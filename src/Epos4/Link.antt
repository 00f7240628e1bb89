-- ===== src/Epos4/Link.antt =====
-- The serial link of the driver: bytes, the stuffing of the escape byte, and words. The port is not
-- part of the repository: what it delivers and how it takes each byte are fields of the state.
pub mod Encoding
pub mod Taken
use asteria_firmware.Prelude.{
  ℕ, ◌+◌, ◌*◌, ◌/◌, ◌%◌, ◌^◌, bit_and, Bool, true, false, List, [], ◌∷◌, ◌++◌, ◌&&◌, ◌==◌, ◌!=◌,
  if◌then◌else◌, length,
}
use asteria_firmware.Epos4.Device.{Epos4Error, interface, framing}

-- One outcome of `read_exact` on a single byte; `eof` is `UnexpectedEof`.
pub data RxEvent (E : Type 0) : Type 0 where
  byte : ℕ → RxEvent E
  eof : RxEvent E
  broken : E → RxEvent E

-- How the port takes one byte: it accepts it, it fails, or the write never completes.
pub data TxFate (E : Type 0) : Type 0 where
  accepted : TxFate E
  refused : E → TxFate E
  stalled : TxFate E

-- The driver, with what the port will deliver (`rx`), how it takes the n-th byte (`tx`), and the
-- bytes that it has taken, first to last.
pub record Epos4 (E : Type 0) : Type 0 where
  pub node_id : ℕ
  pub rx : List (RxEvent E)
  pub tx : ℕ → TxFate E
  pub sent : List ℕ

-- An operation returns, fails, or waits for ever: then only a timeout around it ends it.
pub data Result (E A : Type 0) : Type 0 where
  ok : A → Epos4 E → Result E A
  err : Epos4Error E → Epos4 E → Result E A
  pending : Epos4 E → Result E A

abbrev pub M : Type 0 → Type 0 → Type 0
M E A = Epos4 E → Result E A

abbrev pub bind_result : {E A B : Type 0} → Result E A → (A → M E B) → Result E B
bind_result (ok a d) f = f a d
bind_result (err e d) f = err e d
bind_result (pending d) f = pending d

infixl 5 ◌>>=◌ ◌>>◌
abbrev pub ◌>>=◌ : {E A B : Type 0} → M E A → (A → M E B) → M E B
◌>>=◌ m f d = bind_result (m d) f

abbrev pub ◌>>◌ : {E B : Type 0} → M E (Unit {0}) → M E B → M E B
◌>>◌ m k d = bind_result (m d) (λ _. k)

abbrev pub pure : {E A : Type 0} → A → M E A
pure a d = ok a d

abbrev pub fail : {E A : Type 0} → Epos4Error E → M E A
fail e d = err e d

-- An early return with an error.
abbrev pub fail_if : {E : Type 0} → Bool → Epos4Error E → M E (Unit {0})
fail_if true e d = err e d
fail_if false e d = ok tt d

abbrev pub data_link_escape : ℕ
data_link_escape = 0x90

abbrev pub start_of_text : ℕ
start_of_text = 0x02

module _ {E : Type 0} where
  abbrev take_event : List (RxEvent E) → M E ℕ
  take_event [] d = pending d
  take_event (byte b ∷ rest) d = ok b (record d { rx = rest })
  take_event (eof ∷ rest) d = err framing (record d { rx = rest })
  take_event (broken e ∷ rest) d = err (interface e) (record d { rx = rest })

  -- `read_exact` of one byte, with its errors mapped as `read_byte` maps them.
  pub read_exact : M E ℕ
  read_exact d = take_event d.rx d

  pub read_byte : Bool → M E ℕ
  read_byte stuffed = do
    b ← read_exact
    if stuffed && b == data_link_escape then read_exact else pure b

  -- `u16::from_le_bytes`.
  pub read_word : M E ℕ
  read_word = do
    low_byte ← read_byte true
    high_byte ← read_byte true
    pure (low_byte + high_byte * 2 ^ 8)

  pub read_sync_sequence : M E (Unit {0})
  read_sync_sequence = do
    first ← read_byte false
    fail_if (first != data_link_escape) framing
    second ← read_byte false
    fail_if (second != start_of_text) framing

  abbrev put_byte : TxFate E → ℕ → M E (Unit {0})
  put_byte accepted b d = ok tt (record d { sent = d.sent ++ b ∷ [] })
  put_byte (refused e) b d = err (interface e) d
  put_byte stalled b d = pending d

  -- `write_all` of one byte.
  pub write_all : ℕ → M E (Unit {0})
  write_all b d = put_byte (d.tx (length d.sent)) b d

  pub send_byte : ℕ → Bool → M E (Unit {0})
  send_byte b stuffed = do
    if stuffed && b == data_link_escape then write_all data_link_escape else pure tt
    write_all b

  pub send_word : ℕ → M E (Unit {0})
  send_word word = do
    send_byte (bit_and word 0xFF % 2 ^ 8) true
    send_byte (word / 2 ^ 8 % 2 ^ 8) true

  pub send_sync : M E (Unit {0})
  send_sync = do send_byte data_link_escape false; send_byte start_of_text false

━━━

◆ YOUR GOAL
Starting at the top of the listing above, write out every line exactly as it appears.

◆ TASK ANSWER
filename src/Epos4/Link.antt
repository 00f7240628e1bb89
-- ===== src/Epos4/Link.antt =====
-- The serial link of the driver: bytes, the stuffing of the escape byte, and words. The port is not
-- part of the repository: what it delivers and how it takes each byte are fields of the state.
pub mod Encoding
pub mod Taken
use asteria_firmware.Prelude.{
  ℕ, ◌+◌, ◌*◌, ◌/◌, ◌%◌, ◌^◌, bit_and, Bool, true, false, List, [], ◌∷◌, ◌++◌, ◌&&◌, ◌==◌, ◌!=◌,
  if◌then◌else◌, length,
}
use asteria_firmware.Epos4.Device.{Epos4Error, interface, framing}

-- One outcome of `read_exact` on a single byte; `eof` is `UnexpectedEof`.
pub data RxEvent (E : Type 0) : Type 0 where
  byte : ℕ → RxEvent E
  eof : RxEvent E
  broken : E → RxEvent E

-- How the port takes one byte: it accepts it, it fails, or the write never completes.
pub data TxFate (E : Type 0) : Type 0 where
  accepted : TxFate E
  refused : E → TxFate E
  stalled : TxFate E

-- The driver, with what the port will deliver (`rx`), how it takes the n-th byte (`tx`), and the
-- bytes that it has taken, first to last.
pub record Epos4 (E : Type 0) : Type 0 where
  pub node_id : ℕ
  pub rx : List (RxEvent E)
  pub tx : ℕ → TxFate E
  pub sent : List ℕ

-- An operation returns, fails, or waits for ever: then only a timeout around it ends it.
pub data Result (E A : Type 0) : Type 0 where
  ok : A → Epos4 E → Result E A
  err : Epos4Error E → Epos4 E → Result E A
  pending : Epos4 E → Result E A

abbrev pub M : Type 0 → Type 0 → Type 0
M E A = Epos4 E → Result E A

abbrev pub bind_result : {E A B : Type 0} → Result E A → (A → M E B) → Result E B
bind_result (ok a d) f = f a d
bind_result (err e d) f = err e d
bind_result (pending d) f = pending d

infixl 5 ◌>>=◌ ◌>>◌
abbrev pub ◌>>=◌ : {E A B : Type 0} → M E A → (A → M E B) → M E B
◌>>=◌ m f d = bind_result (m d) f

abbrev pub ◌>>◌ : {E B : Type 0} → M E (Unit {0}) → M E B → M E B
◌>>◌ m k d = bind_result (m d) (λ _. k)

abbrev pub pure : {E A : Type 0} → A → M E A
pure a d = ok a d

abbrev pub fail : {E A : Type 0} → Epos4Error E → M E A
fail e d = err e d

-- An early return with an error.
abbrev pub fail_if : {E : Type 0} → Bool → Epos4Error E → M E (Unit {0})
fail_if true e d = err e d
fail_if false e d = ok tt d

abbrev pub data_link_escape : ℕ
data_link_escape = 0x90

abbrev pub start_of_text : ℕ
start_of_text = 0x02

module _ {E : Type 0} where
  abbrev take_event : List (RxEvent E) → M E ℕ
  take_event [] d = pending d
  take_event (byte b ∷ rest) d = ok b (record d { rx = rest })
  take_event (eof ∷ rest) d = err framing (record d { rx = rest })
  take_event (broken e ∷ rest) d = err (interface e) (record d { rx = rest })

  -- `read_exact` of one byte, with its errors mapped as `read_byte` maps them.
  pub read_exact : M E ℕ
  read_exact d = take_event d.rx d

  pub read_byte : Bool → M E ℕ
  read_byte stuffed = do
    b ← read_exact
    if stuffed && b == data_link_escape then read_exact else pure b

  -- `u16::from_le_bytes`.
  pub read_word : M E ℕ
  read_word = do
    low_byte ← read_byte true
    high_byte ← read_byte true
    pure (low_byte + high_byte * 2 ^ 8)

  pub read_sync_sequence : M E (Unit {0})
  read_sync_sequence = do
    first ← read_byte false
    fail_if (first != data_link_escape) framing
    second ← read_byte false
    fail_if (second != start_of_text) framing

  abbrev put_byte : TxFate E → ℕ → M E (Unit {0})
  put_byte accepted b d = ok tt (record d { sent = d.sent ++ b ∷ [] })
  put_byte (refused e) b d = err (interface e) d
  put_byte stalled b d = pending d

  -- `write_all` of one byte.
  pub write_all : ℕ → M E (Unit {0})
  write_all b d = put_byte (d.tx (length d.sent)) b d

  pub send_byte : ℕ → Bool → M E (Unit {0})
  send_byte b stuffed = do
    if stuffed && b == data_link_escape then write_all data_link_escape else pure tt
    write_all b

  pub send_word : ℕ → M E (Unit {0})
  send_word word = do
    send_byte (bit_and word 0xFF % 2 ^ 8) true
    send_byte (word / 2 ^ 8 % 2 ^ 8) true

  pub send_sync : M E (Unit {0})
  send_sync = do send_byte data_link_escape false; send_byte start_of_text false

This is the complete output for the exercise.